The updated eCommerce dashboard.
Creating an actionable reporting experience that increased page views by 8% year-over-year
In early 2021 I joined a team dedicated to serving the 🛍 eCommerce vertical experience at ActiveCampaign. Since business was moving online during COVID, we kept a pulse on what features small eCommerce business owners might need and owned a stream of delivery work dedicated to serving this industry segment.
• Increase the amount of actions available from the reporting dashboard
• Increase page views
• Increase user adoption of key features: automation, segmentation, eCommerce campaigns
• Lead product designer
After joining the eCommerce team, I led the team through a journey map exercise where we could align on the most important pain points to solve for our customers. Aside from onboarding, we decided to focus reporting was a huge area of improvement because it was a current feature gap and customer churn reports showed that our competitors were winning in this space.
Challenges with the current experience:
📊 No central location for all relevant metrics
Customers wanted helpful reporting in one location without having to go back and forth between ActiveCampaign and their eCommerce store platform.
💰 Unclear which marketing materials create ROI
Customers wanted a quick understanding of which assets in ActiveCampaign generate the most ROI for their business. This would also be a competitive advantage for us as we had to compete with other platforms and had to prove value.
❓ No guidance into how to improve metrics
The previous reporting experience provided little insight as to what the customer could do to actually improve their marketing and grow their business.
Over the course of 4 months, myself, 3 product managers, 2 lead engineers and eventually a second designer launched a new dashboard experience for our customers.
I led customer research, strategy, and design.
User research: Review competitors and user feedback
Co-design workshop to align on design framework
Test the solution with customers
Iterate based on feedback
Designing for feasibility and QA
1. Reviewing existing feedback and competitors
As a data-driven designer, I prefer kicking projects off with some understanding of what users need. Reviewing the initial research we had and quickly checking the competitive landscape provided for some helpful insights straightaway.
An output of the initial research was an understanding of metrics that users need across their entire journey. For example, their goals as a new business owners just starting to market their business are very different than a those of a business that has been marketing for a while.
Clearly communicate what activities are driving revenue
Users need clarity on which marketing activities are driving the most revenue for the business. They are busy, and need to rinse and repeat strategically.
💡 Opportunity: Display ROI clearly by various ActiveCampaign features.
Give seasoned marketers performance stats
Marketers with a full email list are mostly curious about opens/clicks and which emails eventually lead to purchase.
💡 Opportunity: Display campaign metrics that lead to purchase.
Retain top-level metrics, but relate them back to specific campaigns
Key metrics such as total orders and order value are easily found in the store platform.

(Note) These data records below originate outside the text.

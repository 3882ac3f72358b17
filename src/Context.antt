-- ===== src/Context.antt =====
-- kernel/arch/x86_64/ctx.c and proc.c: the registers of a process. Those of `struct regs` are a list
-- in their order.
use silkware.Base.{ℕ, List}

-- `struct arch_proc_state`
pub record ArchProcState : Type 0 where
  pub regs : List ℕ
  pub rsp : ℕ
  pub rip : ℕ
  pub flags : ℕ

-- `struct irq_frame`
pub record IrqFrame : Type 0 where
  pub regs : List ℕ
  pub num : ℕ
  pub error_code : ℕ
  pub ip : ℕ
  pub cs : ℕ
  pub flags : ℕ
  pub sp : ℕ
  pub ss : ℕ

unfoldable pub irq2state : IrqFrame → ArchProcState
irq2state frame = record { rsp = frame.sp; rip = frame.ip; flags = frame.flags; regs = frame.regs }

-- The state of the new process; STACK_TOP and PROC_ENTRY are the stack and the start.
unfoldable pub procp_init : ArchProcState → ArchProcState
procp_init p = record p { rsp = 0x100000000; rip = 0x100000; flags = 0x202 }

Customers were looking for how much revenue AC emails helped them gain.
💡 Opportunity: Display ActiveCampaign Automation and Campaign Revenue out of total revenue.
Show all users how their customer journey is performing
Each customer has a common goal to progress users through a purchase funnel.
💡 Opportunity: Match customers' mental model by helping them visualize progress their marketing efforts make in their customer funnel.
2. Co-design workshop
I led an ideation session with our entire project team to discuss our findings and identify a common vision for what the dashboard reporting experience should be.
The output: An experience framework
What came out of our design session was an understanding of what experience goals we hope to provide our customers.
3. Design and evaluate
My next step was to bring the design to higher fidelity and consider what actual metrics we would show to customers. I put together some initial designs based on our research findings of what metrics customers wanted to see.
👎 Metrics are helpful, but are still missing connection to individual campaigns and automations
👎 Lack of clarity if these metrics would expand to other channels such as SMS or web pages.
♥️ Customer journey chart is extremely helpful in understanding performance, so expanding on this concept is important
4. Iterate based on feedback
After initial feedback, I rapidly tested our designs again against the current agreed upon criteria, directly correlated from our key insights:
Is it clear how engagement and revenue are impacted by campaigns and automations?
Is it clear how your customer journey is performing and where you can improve it?
Is it clear how your ecommerce metrics are performing and where you can improve them?
Our solution had to be scoped down for MVP. Previously, I had been designing in a custom data visualization framework. However, we decided with our timeline to implement the dashboard using Looker reporting embed tools. I worked to translate the final details to a Looker compatible UI.
It's important to bring all knowledge experts in the room about different aspects of our implementation. Some of our earliest conversations didn't include the engineer from the reporting team, who could have shed insight into feasibility of design. We had to catch up with him later and scale back.
Pin down most important problems to solve early on. I dove into visual design, which proved helpful to get stakeholder buy-in. However, we could have landed at an MVP earlier if we had used low-fidelity and then chose which visualization tool we were going to adopt for implementation.
Consider the rest of the application's reporting experience. While our team was scoped to only work on this dashboard, our learnings about eCommerce reporting needs could benefit users in context to their actual marketing campaigns in other product sections, too.